Bir strateji eksikliği var, bu strateji eksikliğini zorunlu olarak ortaya koyan ise tek adam rejiminin Türkiye'de uygulanmasıdır. Hiç kimse bağımsız karar alamıyor. Hiç kimse düşüncelerini rahatlıkla ifade edemiyor.
(CHP'ye yönelik suçlamalar) Ben Erdoğan'a cevap vermek istemiyorum. Çünkü cevap vermeye değmez. Nesine cevap vereceksiniz. Ama parti olarak biz Türkiye'de demokrasiyi savunan en büyük partiyiz. AK Parti'nin ve kurmaylarının, kurmay yok zaten, bir kişi var burada, demokrasiyi katlettiklerini hepimiz görüyoruz, hepimiz biliyoruz. Parlamentonun bir bağımsız iradesi var mı? Yok. Yargı organı siyasi otoritenin vesayeti altında mı? Evet Yasama organı siyasi vesayet altında mı?

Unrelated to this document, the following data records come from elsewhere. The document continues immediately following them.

-- ===== src/Registry/Scan.antt =====
-- The loop of `latest_matching` in contracts/router-registry/src/lib.rs, over versions that are stored.
use stellar_router.Prelude.{
  ℕ, zero, suc, ◌<◌, ◌≤◌, Bool, true, false, not, ◌≡◌, refl, ap, ◌∙◌, ◌⊎◌, inl, inr, arith, Option,
  none, some, List, length, ◌==◌, if◌then◌else◌, Bool-cases,
}
use stellar_router.Prelude.Sequence.{get_elem?}
use stellar_router.Prelude.Ascending.{lt-get_elem?}
use stellar_router.Common.{ok}
use stellar_router.Registry
use stellar_router.Registry.{Name, ContractEntry, Call}
use stellar_router.Registry.Lookup.{latest_from}

abbrev State : Type 0
State = Registry.Registry

module _ (s : State) (name : Name) (vs : List ℕ) (p : ℕ → Bool) where
  abbrev pub scan : ℕ → Bool → Call (Option ContractEntry × Bool)
  scan i any = latest_from s name vs (λ v. ok (p v)) i any

  -- A stored entry under a matching version at a place of the versions.
  pub record Matches (k u : ℕ) (x : ContractEntry) : Type 0 where
    pub at_place : get_elem? vs k ≡ some u
    pub matching : p u ≡ true
    pub filed : s.entries name u ≡ some x

  -- Every match from place `lo` up to `hi` is deprecated.
  abbrev pub Skipped : ℕ → ℕ → Type 0
  Skipped lo hi =
      (k u : ℕ) (x : ContractEntry) → lo ≤ k → k < hi → Matches k u x → x.deprecated ≡ true

  -- The newest match below `i` that is not deprecated.
  pub record Found (i : ℕ) (e : ContractEntry) : Type 0 where
    pub place : ℕ
    pub version : ℕ
    pub below : place < i
    pub found : Matches place version e
    pub live : e.deprecated ≡ false
    pub skipped : Skipped (suc place) i

  -- Some place below `i` matches.
  abbrev pub Some : ℕ → Type 0
  Some i = (k : ℕ) × (u : ℕ) × (x : ContractEntry) × (k < i) × Matches k u x

  -- The loop ends with the newest match that is not deprecated, or says whether it has met a match.
  abbrev pub Ends : ℕ → Bool → Call (Option ContractEntry × Bool) → Type 0
  Ends i any m =
      ((e : ContractEntry) × (m ≡ ok (some e, true)) × Found i e)
      ⊎ ((b : Bool) × (m ≡ ok (none, b))
          × Skipped 0 i
          × ((any ≡ true) ⊎ Some i → b ≡ true)
          × (b ≡ true → (any ≡ true) ⊎ Some i))

  module _ (i v : ℕ) (e : ContractEntry) (at_place : get_elem? vs i ≡ some v)
      (filed : s.entries name v ≡ some e) where
    scan-suc :
        (any : Bool)
        → scan (suc i) any ≡ (
            if not (p v)
            then scan i any
            else if not e.deprecated
            then ok (some e, true)
            else scan i true)
    unfolding latest_from
    scan-suc any = ground arith

    -- A match at the next place.
    at_next : (k u : ℕ) (x : ContractEntry) → Matches k u x → k ≡ i → (u ≡ v) × (x ≡ e)
    at_next k u x m eq =
        let ev : u ≡ v = ground (arith, ap (get_elem? vs) eq, m.at_place) in
        (ev, ground (arith, m.filed, ap (s.entries name) ev))

    module _ (d : p v ≡ false ⊎ ((p v ≡ true) × (e.deprecated ≡ true))) where
      skip_next : (lo : ℕ) → Skipped lo i → Skipped lo (suc i)
      skip_next lo h k u x l r m = elim (Bool-cases (k == i)) [
        | inl t ↦
            let (ev, ex) = at_next k u x m (ground arith) in
            elim d [
              | inl f ↦ absurd (ground (arith, m.matching, ap p ev))
              | inr (t', f) ↦ ap (λ (y : ContractEntry). y.deprecated) ex ∙ f
            ]
        | inr f ↦ h k u x l (ground arith) m
      ]

      Found-next : (x : ContractEntry) → Found i x → Found (suc i) x
      Found-next x f = record {
        place = f.place;
        version = f.version;
        below = omega (arith, f.below);
        found = f.found;
        live = f.live;
        skipped = skip_next (suc f.place) f.skipped;
      }

    some_next : Some i → Some (suc i)
    some_next (k, u, x, l, m) = (k, u, x, omega arith, m)

    some_last : p v ≡ false → Some (suc i) → Some i
    some_last f (k, u, x, l, m) = elim (Bool-cases (k == i)) [
      | inl t ↦
          let (ev, ex) = at_next k u x m (ground arith) in
          absurd (ground (arith, m.matching, ap p ev))
      | inr g ↦ (k, u, x, ground arith, m)
    ]

  module _
      (stored : (i v : ℕ)
        → get_elem? vs i ≡ some v
        → (e : ContractEntry) × (s.entries name v ≡ some e)) where
    -- The ends of the loop by the version at the last place.
    go_past :
        (i v : ℕ) (e : ContractEntry)
        → get_elem? vs i ≡ some v
        → s.entries name v ≡ some e
        → (any : Bool) → p v ≡ false
        → Ends i any (scan i any)
        → Ends (suc i) any (scan (suc i) any)
    go_past i v e a h any f r =
        let eq : scan (suc i) any ≡ scan i any = scan-suc i v e a h any ∙ ground arith in
        elim r [
          | inl (x, m, c) ↦ inl (x, eq ∙ m, Found-next i v e a h (inl f) x c)
          | inr (b, m, k, to, from) ↦ inr (
            b,
            eq ∙ m,
            skip_next i v e a h (inl f) 0 k,
            (λ o. to (elim o [ inl y ↦ inl y | inr y ↦ inr (some_last i v e a h f y) ])),
            (λ y. elim (from y) [ inl z ↦ inl z | inr z ↦ inr (some_next i v e a h z) ]),
          )
        ]

    go_on :
        (i v : ℕ) (e : ContractEntry)
        → get_elem? vs i ≡ some v
        → s.entries name v ≡ some e
        → (any : Bool) → p v ≡ true
        → e.deprecated ≡ true
        → Ends i true (scan i true)
        → Ends (suc i) any (scan (suc i) any)
    go_on i v e a h any t d r =
        let eq : scan (suc i) any ≡ scan i true = scan-suc i v e a h any ∙ ground arith in
        elim r [
          | inl (x, m, c) ↦ inl (x, eq ∙ m, Found-next i v e a h (inr (t, d)) x c)
          | inr (b, m, k, to, from) ↦ inr (
            b,
            eq ∙ m,
            skip_next i v e a h (inr (t, d)) 0 k,
            (λ o. to (inl refl)),
            (λ y. inr (i, v, e, omega arith, record { at_place = a; matching = t; filed = h })),
          )
        ]

    stop_here :
        (i v : ℕ) (e : ContractEntry)
        → get_elem? vs i ≡ some v
        → s.entries name v ≡ some e
        → (any : Bool) → p v ≡ true
        → e.deprecated ≡ false
        → Ends (suc i) any (scan (suc i) any)
    stop_here i v e a h any t d = inl (
      e,
      scan-suc i v e a h any ∙ ground arith,
      record {
        place = i;
        version = v;
        below = omega arith;
        found = record { at_place = a; matching = t; filed = h };
        live = d;
        skipped = λ k u x l r m. absurd (omega arith);
      },
    )

    pub scan-Ends : (i : ℕ) → i ≤ length vs → (any : Bool) → Ends i any (scan i any)
    unfolding latest_from
    scan-Ends zero l any = inr (
      any,
      refl,
      (λ k u x l r m. absurd (omega arith)),
      (λ o. elim o [ inl y ↦ y | inr (k, u, x, r, m) ↦ absurd (omega arith) ]),
      (λ y. inl y),
    )
    scan-Ends (suc i) l any =
        let (v, a) = lt-get_elem? vs i (omega arith) in
        let (e, h) = stored i v a in
        elim (Bool-cases (p v)) [
          | inr f ↦ go_past i v e a h any f (scan-Ends i (omega arith) any)
          | inl t ↦ elim (Bool-cases e.deprecated) [
            | inl d ↦ go_on i v e a h any t d (scan-Ends i (omega arith) true)
            | inr d ↦ stop_here i v e a h any t d
          ]
        ]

Evet medyanın büyük bir kısmı yine siyasi otoritenin talimatıyla, şöyle ya da böyle, terbiye edilmeye çalışılıyor mu? Basın İlan Kurum ve RTÜK aracılığıyla, yargı aracılığıyla medya dizayn edilmeye çalışılıyor mu Saray'ın beklentileri karşısında? Evet. O zaman hangi demokrasiden söz ediyoruz? Parlamentoda 23 Nisan'da yaptığım konuşma, önümüzdeki süreç içinde Türkiye'de gerçekten bir demokrasinin olması için 16 maddelik bir başlık saydım zaten.

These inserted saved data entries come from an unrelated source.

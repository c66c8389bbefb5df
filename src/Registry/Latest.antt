-- ===== src/Registry/Latest.antt =====
-- `get_latest` and `get_latest_with_constraint` of contracts/router-registry/src/lib.rs against what they
-- are to find.
use stellar_router.Prelude.{
  ℕ, ◌<◌, Bool, true, false, ◌≡◌, refl, sym, ap, ◌∙◌, ◌⊎◌, inl, inr, arith, Option, some, List, [],
  ◌∷◌, length, ltb, Bool-cases,
}
use mathlib.Core.Path.{subst, fun_ext}
use stellar_router.Prelude.Sequence.{get_elem?}
use stellar_router.Prelude.Ascending.{get_elem?-lt, le_of_index}
use stellar_router.Common.{ok, err, ◌>>=◌, ◌>>◌, ok_or, fail_if}
use stellar_router.Registry
use stellar_router.Registry.{
  Name, ContractEntry, RegistryError, Call, all_versions_deprecated, not_found,
}
use stellar_router.Registry.Entries.{get_versions_list, is_empty}
use stellar_router.Registry.Lookup.{
  latest_from, latest_matching, latest_non_deprecated, get_latest, get_latest_with_constraint,
  found_or,
}
use stellar_router.Registry.Constraint.{Bytes, validate_constraint, version_matches_constraint}
use stellar_router.Registry.Invariant.{IsFiled, IsValid}
use stellar_router.Registry.Scan.{Matches, Skipped, Found, Some, Ends, scan, scan-Ends}

abbrev State : Type 0
State = Registry.Registry

module _ (s : State) (name : Name) (p : ℕ → Bool) where
  -- The entry with the greatest of the versions that match and are not deprecated.
  pub record IsLatest (e : ContractEntry) : Type 0 where
    pub named : e.name ≡ name
    pub filed : s.entries name e.version ≡ some e
    pub matching : p e.version ≡ true
    pub live : e.deprecated ≡ false
    pub newest :
        (v : ℕ) (x : ContractEntry)
        → s.entries name v ≡ some x
        → p v ≡ true
        → e.version < v
        → x.deprecated ≡ true

  -- Every registered version that matches is deprecated.
  abbrev pub AllDeprecated : Type 0
  AllDeprecated =
      (v : ℕ) (x : ContractEntry) → s.entries name v ≡ some x → p v ≡ true → x.deprecated ≡ true

  -- A registered version matches.
  abbrev pub AnyMatch : Type 0
  AnyMatch = (v : ℕ) × (x : ContractEntry) × (s.entries name v ≡ some x) × (p v ≡ true)

  -- The answer is the latest match, or says that all matches are deprecated or that there is none.
  abbrev pub Selects : Call ContractEntry → Type 0
  Selects m =
      ((e : ContractEntry) × (m ≡ ok e) × IsLatest e)
      ⊎ (((m ≡ err all_versions_deprecated) × AnyMatch × AllDeprecated)
          ⊎ ((m ≡ err not_found) × (¬ AnyMatch)))

  module _ (w : IsValid s) where
    abbrev vs : List ℕ
    vs = get_versions_list s name

    matches :
        (v : ℕ) (x : ContractEntry) (h : s.entries name v ≡ some x)
        → p v ≡ true
        → Matches s name vs p (w.filed name v x h).place v x
    matches v x h t = record { at_place = (w.filed name v x h).listed; matching = t; filed = h }

    Found-IsLatest : (e : ContractEntry) → Found s name vs p (length vs) e → IsLatest e
    Found-IsLatest e f =
        let i : IsFiled s name f.version e = w.filed name f.version e f.found.filed in
        record {
          named = i.same_name;
          filed = ap (s.entries name) i.same_version ∙ f.found.filed;
          matching = ap p i.same_version ∙ f.found.matching;
          live = f.live;
          newest = λ v x h t l.
              let j : IsFiled s name v x = w.filed name v x h in
              elim (Bool-cases (ltb f.place j.place)) [
                | inl b ↦
                    f.skipped j.place v x (ground arith) (get_elem?-lt vs j.place v j.listed)
                      (matches v x h t)
                | inr b ↦ absurd (
                    omega (
                      arith,
                      i.same_version,
                      le_of_index vs j.place f.place v f.version (w.ascending name) j.listed
                          f.found.at_place (ground arith),
                    ))
              ];
        }

    missed_deprecated : Skipped s name vs p 0 (length vs) → AllDeprecated
    missed_deprecated k v x h t =
        let j : IsFiled s name v x = w.filed name v x h in
        k j.place v x (omega arith) (get_elem?-lt vs j.place v j.listed) (matches v x h t)

    some_any : Some s name vs p (length vs) → AnyMatch
    some_any (k, u, x, l, m) = (u, x, m.filed, m.matching)

    any_some : AnyMatch → Some s name vs p (length vs)
    any_some (v, x, h, t) =
        let j : IsFiled s name v x = w.filed name v x h in
        (j.place, v, x, get_elem?-lt vs j.place v j.listed, matches v x h t)

    abbrev scanned : Call (Option ContractEntry × Bool)
    scanned = scan s name vs p (length vs) false

    scanned-Ends : Ends s name vs p (length vs) false scanned
    scanned-Ends = scan-Ends s name vs p (w.stored name) (length vs) (omega arith) false

    -- The answer that tells a missing match from deprecated ones.
    pub found_or-Selects : Selects (scanned >>= found_or)
    found_or-Selects = elim scanned-Ends [
      | inl (e, m, f) ↦ inl (e, ap (λ r. r >>= found_or) m, Found-IsLatest e f)
      | inr (true, m, k, to, from) ↦ elim (from refl) [
        | inl z ↦ absurd (ground arith)
        | inr z ↦ inr (inl (ap (λ r. r >>= found_or) m, some_any z, missed_deprecated k))
      ]
      | inr (false, m, k, to, from) ↦
          inr
            (inr (ap (λ r. r >>= found_or) m, λ a. absurd (ground (arith, to (inr (any_some a))))))
    ]

pub nonempty : (vs : List ℕ) → is_empty vs ≡ false → (v : ℕ) × (get_elem? vs 0 ≡ some v)
nonempty [] h = absurd (ground arith)
nonempty (v ∷ rest) h = (v, refl)

pub nowhere : (vs : List ℕ) (i v : ℕ) → is_empty vs ≡ true → get_elem? vs i ≡ some v → ⊥
nowhere [] i v h e = ground arith
nowhere (x ∷ rest) i v h e = ground arith

-- Every version.
abbrev pub always : ℕ → Bool
always v = true

module _ (s : State) (name : Name) (w : IsValid s) where
  none_registered :
      (p : ℕ → Bool) → is_empty (get_versions_list s name) ≡ true → ¬ AnyMatch s name p
  none_registered p h (v, x, e, t) =
      nowhere (get_versions_list s name) (w.filed name v x e).place v h (w.filed name v x e).listed

  -- With every version a match, no match means deprecation.
  latest_non_deprecated-Selects :
      is_empty (get_versions_list s name) ≡ false
      → Selects s name always (latest_non_deprecated s name (get_versions_list s name))
  unfolding latest_non_deprecated latest_matching
  latest_non_deprecated-Selects h =
      let answer : Option ContractEntry × Bool → Call ContractEntry =
        λ r. ok_or r.0 all_versions_deprecated in
      let (v, e) = nonempty (get_versions_list s name) h in
      let (x, k) = w.stored name 0 v e in
      elim (scanned-Ends s name always w) [
        | inl (e, m, f) ↦ inl (e, ap (λ r. r >>= answer) m, Found-IsLatest s name always w e f)
        | inr (b, m, k', to, from) ↦
            inr (
              inl (ap (λ r. r >>= answer) m, (v, x, k, refl), missed_deprecated s name always w k'))
      ]

  -- On a well-formed storage `get_latest` gives the registered entry of the name with the greatest
  -- version that is not deprecated; it fails with `AllVersionsDeprecated` exactly when the name has
  -- versions and all are deprecated, and with `NotFound` exactly when the name has no version.
  pub get_latest-Selects : Selects s name always (get_latest s name)
  unfolding get_latest
  get_latest-Selects = elim (Bool-cases (is_empty (get_versions_list s name))) [
    | inl t ↦ inr (
        inr (
          ap (λ b. fail_if b not_found >> latest_non_deprecated s name (get_versions_list s name))
              t,
          none_registered always t,
        ))
    | inr f ↦
        subst (Selects s name always)
          (sym (
            ap (λ b. fail_if b not_found >> latest_non_deprecated s name (get_versions_list s name))
              f))
          (latest_non_deprecated-Selects f)
  ]

  pub constrained-Selects :
      (constraint : Bytes) (p : ℕ → Bool)
      → validate_constraint constraint ≡ ok tt
      → ((v : ℕ) → version_matches_constraint v constraint ≡ ok (p v))
      → Selects s name p (get_latest_with_constraint s name (some constraint))
  unfolding get_latest_with_constraint latest_matching
  constrained-Selects constraint p h m =
      let vs : List ℕ = get_versions_list s name in
      let search_by : (ℕ → Call Bool) → Call ContractEntry =
        λ f. latest_from s name vs f (length vs) false >>= found_or in
      let searched : (ℕ → Call Bool) → Call ContractEntry =
        λ f. fail_if (is_empty vs) not_found >> search_by f in
      let same : (λ v. version_matches_constraint v constraint) ≡ (λ v. ok (p v)) = fun_ext m in
      let eq : get_latest_with_constraint s name (some constraint) ≡ searched (λ v. ok (p v)) =
        ap (λ c. c >> searched (λ v. version_matches_constraint v constraint)) h
        ∙ ap searched same in
      subst (Selects s name p) (sym eq) (elim (Bool-cases (is_empty vs)) [
        | inl t ↦ inr (
            inr (ap (λ b. fail_if b not_found >> search_by (λ v. ok (p v))) t, none_registered p t))
        | inr f ↦
            subst (Selects s name p)
              (sym (ap (λ b. fail_if b not_found >> search_by (λ v. ok (p v))) f))
              (found_or-Selects s name p w)
      ])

Sadece 10 dakika içinde. Bana desinler ki, bu 16 maddenin mesela 5. maddesi demokrasiye aykırıdır, 1. maddesi demokrasiye aykırıdır. Hayır diyemezler bunu. Yine ben orada Türkiye'nin hukuk sistemini bozan temel olgunun geçmişteki darbeler ve 20 Temmuz darbesinin olduğunu, bu darbelerden, bu darbe hukukundan Türkiye arınmadıkça da demokrasiye geçilemeyeceğini de söyledim zaten.
Üstelik bunu AK Partili milletvekillerinin de yüzünü bakarak söyledim. Demokrasi yok Türkiye'de. Ben söylemiyorum ki bunu tek başıma. Aklı başında herkes Türkiye'de baskı rejiminin olduğunu, Saray rejimi tarafından Türkiye'nin yeniden dizayn edilmek istendiğini biliyor zaten. Yeni bir şey söylemiyorum aslında.
("Darbe tehdidi var" iddiaları) 20 Temmuz sonrası giderek artan baskı ve demokrasinin rafa kalkmasının doğurduğu bir tablo var. Bu tabloyu demokrasi olarak satmak istiyorlar. Biz de bunun demokrasi olmadığını, tam tersine, baskıcı bir yönetim olduğunu, bir dikta yönetimi olduğunu, tek adam yönetimi olduğunu ısrarla söylüyoruz. Bu Erdoğan'ı müthiş rahatsız ediyor. Çünkü bizim söylemlerimizi elini vicdanına götürüp AK Partililer de dinliyorlar. Bu kadar da olmaz diyorlar. Gazetecilerin bu kadar hapiste olduğu bir ülkede siz demokrasiden mi söz edeceksiniz.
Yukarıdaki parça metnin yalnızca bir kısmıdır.